Un point important : En fait, les variables globales en lecture seulement et immuables sont accessibles par des procédures externes : il s'agit de données de surveillance modifiables étant strictement interdites.
D'une manière générale, une chaîne d'appels de procédure impliquant un module de surveillance a la forme générale suivante :
- Procédure Client -- en dehors du module
↓ - Procédures externes -- à l'intérieur du module mais en dehors du moniteur
↓ - Procédures d'entrée -- à l'intérieur du moniteur
↓ - Procédures Internes -- à l'intérieur du moniteur
Tout écart par rapport à ce modèle est susceptible d'être une erreur.
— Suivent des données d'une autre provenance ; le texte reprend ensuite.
-- ===== src/Shim.antt =====
-- kernel/src/drivers/linux_shim/mod.rs: kmalloc and kfree over the frames of Memory/Phys, the lock and
-- the atomic numbers. A pointer is its address, and null is 0. `none` is a panic of the allocator.
pub mod Frames
pub mod Locks
mod Tests
use mathlib.Core.Option
use nonameos.Prelude.{
  ℕ, zero, suc, ◌+◌, ◌-◌, ◌*◌, ◌/◌, ◌%◌, Bool, true, false, not, ◌&&◌, List, [], ◌∷◌, ◌++◌, Option,
  none, some, ◌>>=◌, get_or, set, replicate, ltb, leb, ◌==◌, if◌then◌else◌, add_usize, bit_and,
  bit_or,
}
use nonameos.Prelude.Find.{find_index}
use nonameos.Memory.{page_size, align_down, align_up}
use nonameos.Memory.Phys.{Phys, alloc_frame, free_frame}
use nonameos.Objects.Store.{u32_mod}
use nonameos.Vfs.Ramfs.{zero_bytes}

pub record AllocEntry : Type 0 where
  pub addr : ℕ
  pub page_count : ℕ

abbrev pub empty_alloc : AllocEntry
empty_alloc = record { addr = 0; page_count = 0 }

abbrev pub max_alloc_entries : ℕ
max_alloc_entries = 256

-- ALLOC_TABLE, the frame allocator and the bytes of physical memory. The spin lock is held within
-- `alloc_table_insert` and `alloc_table_remove`.
pub record Shim : Type 0 where
  pub alloc_table : List AllocEntry
  pub phys : Phys
  pub mem : ℕ → ℕ

unfoldable pub alloc_table_insert : ℕ → ℕ → List AllocEntry → List AllocEntry
alloc_table_insert addr pages table = elim (find_index (λ (e : AllocEntry). e.addr == 0) table) [
  | none ↦ table
  | some i ↦ set table i (record { addr = addr; page_count = pages })
]

unfoldable pub alloc_table_remove : ℕ → List AllocEntry → ℕ × List AllocEntry
alloc_table_remove addr table = elim (find_index (λ (e : AllocEntry). e.addr == addr) table) [
  | none ↦ (0, table)
  | some i ↦ ((get_or table i empty_alloc).page_count, set table i empty_alloc)
]

abbrev pub gfp_zero : ℕ
gfp_zero = 0x8

abbrev pub max_pages_per_alloc : ℕ
max_pages_per_alloc = 64

-- `for j in 0..allocated { phys::free_frame(frames[j]); }`
unfoldable pub give_frames : List ℕ → Phys → Option Phys
give_frames [] p = some p
give_frames (addr ∷ frames) p = free_frame addr p >>= give_frames frames

-- The loop over the pages, with the frames so far; `none` in the result when one is missing.
unfoldable pub take_frames : ℕ → List ℕ → Phys → Option (Option (List ℕ) × Phys)
unfolding give_frames
take_frames zero frames p = some (some frames, p)
take_frames (suc n) frames p = do
  (frame, q) ← alloc_frame p
  elim frame [
    | some addr ↦ take_frames n (frames ++ (addr ∷ [])) q
    | none ↦ Option.map (λ (r : Phys). (none, r)) (give_frames frames q)
  ]

-- The frames are taken to be one block, which starts at the first.
unfoldable pub hand_out : ℕ → ℕ → Option (List ℕ) → Phys → Shim → ℕ × Shim
unfolding alloc_table_insert
hand_out pages flags none p s = (0, record s { phys = p })
hand_out pages flags (some frames) p s =
    let ptr = get_or frames 0 0 in
    (
      ptr,
      record {
        alloc_table = alloc_table_insert ptr pages s.alloc_table;
        phys = p;
        mem =
            if bit_and flags gfp_zero == 0 then s.mem else zero_bytes s.mem ptr (pages * page_size);
      },
    )

unfoldable pub kmalloc : ℕ → ℕ → Shim → Option (ℕ × Shim)
unfolding take_frames hand_out
kmalloc size flags s =
    let pages_needed = align_up size page_size / page_size in
    if size == 0
    then some (0, s)
    else if ltb max_pages_per_alloc pages_needed
    then some (0, s)
    else take_frames pages_needed [] s.phys >>= λ (r : Option (List ℕ) × Phys).
        some (hand_out pages_needed flags r.0 r.1 s)

abbrev pub kzalloc : ℕ → ℕ → Shim → Option (ℕ × Shim)
kzalloc size flags = kmalloc size (bit_or flags gfp_zero)

-- `for i in 0..pages { phys::free_frame(frame_addr + i * PAGE_SIZE); }`
unfoldable pub give_block : ℕ → ℕ → Phys → Option Phys
give_block zero addr p = some p
give_block (suc n) addr p = free_frame addr p >>= give_block n (addr + page_size)

unfoldable pub kfree : ℕ → Shim → Option Shim
unfolding alloc_table_remove give_block
kfree ptr s =
    let frame_addr = align_down ptr page_size in
    let (pages, table) = alloc_table_remove frame_addr s.alloc_table in
    if ptr == 0
    then some s
    else Option.map (λ (p : Phys). record s { alloc_table = table; phys = p })
        (if pages == 0 then free_frame frame_addr s.phys else give_block pages frame_addr s.phys)

abbrev pub identity_map_limit : ℕ
identity_map_limit = 0x4000_0000

abbrev pub ioremap : ℕ → Option ℕ
ioremap phys_addr = if ltb phys_addr identity_map_limit then some phys_addr else none

-- `AtomicInt` and `AtomicUint` by their bit patterns: the old value and the new one.
unfoldable pub fetch_add : ℕ → ℕ → ℕ × ℕ
fetch_add val old = (old, (old + val) % u32_mod)

unfoldable pub fetch_sub : ℕ → ℕ → ℕ × ℕ
fetch_sub val old = (old, (old + u32_mod - val) % u32_mod)

pub data LogLevel : Type 0 where
  emergency alert critical error warning notice info debug : LogLevel

abbrev pub level_code : LogLevel → ℕ
level_code emergency = 0
level_code alert = 1
level_code critical = 2
level_code error = 3
level_code warning = 4
level_code notice = 5
level_code info = 6
level_code debug = 7

-- The test of `driver_log!`.
abbrev pub is_logged : LogLevel → LogLevel → Bool
is_logged level current = leb (level_code level) (level_code current)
Une technique utile pour éviter les bogues et augmenter la lisibilité d'un module de surveillance consiste à structurer le texte source dans l'ordre correspondant :
M: MONITOR = BEGIN <Procédures externes> <Procédures d'entrée> <Procédures Internes> <Code d'initialisation (corps principal)> END |
Interfaces vers les moniteurs
Dans Mesa, les attributs ENTRY et INTERNAL sont associés au corps d'une procédure, et non à son type. Ils ne peuvent donc pas être spécifiés dans un module DEFINITIONS. En général, les procédures internes ne sont pas exportées de toute façon, bien qu'elles puissent l'être pour un moniteur multi-module. En fait, le compilateur émet un avertissement lorsque la combinaison PUBLIC INTERNAL se produit.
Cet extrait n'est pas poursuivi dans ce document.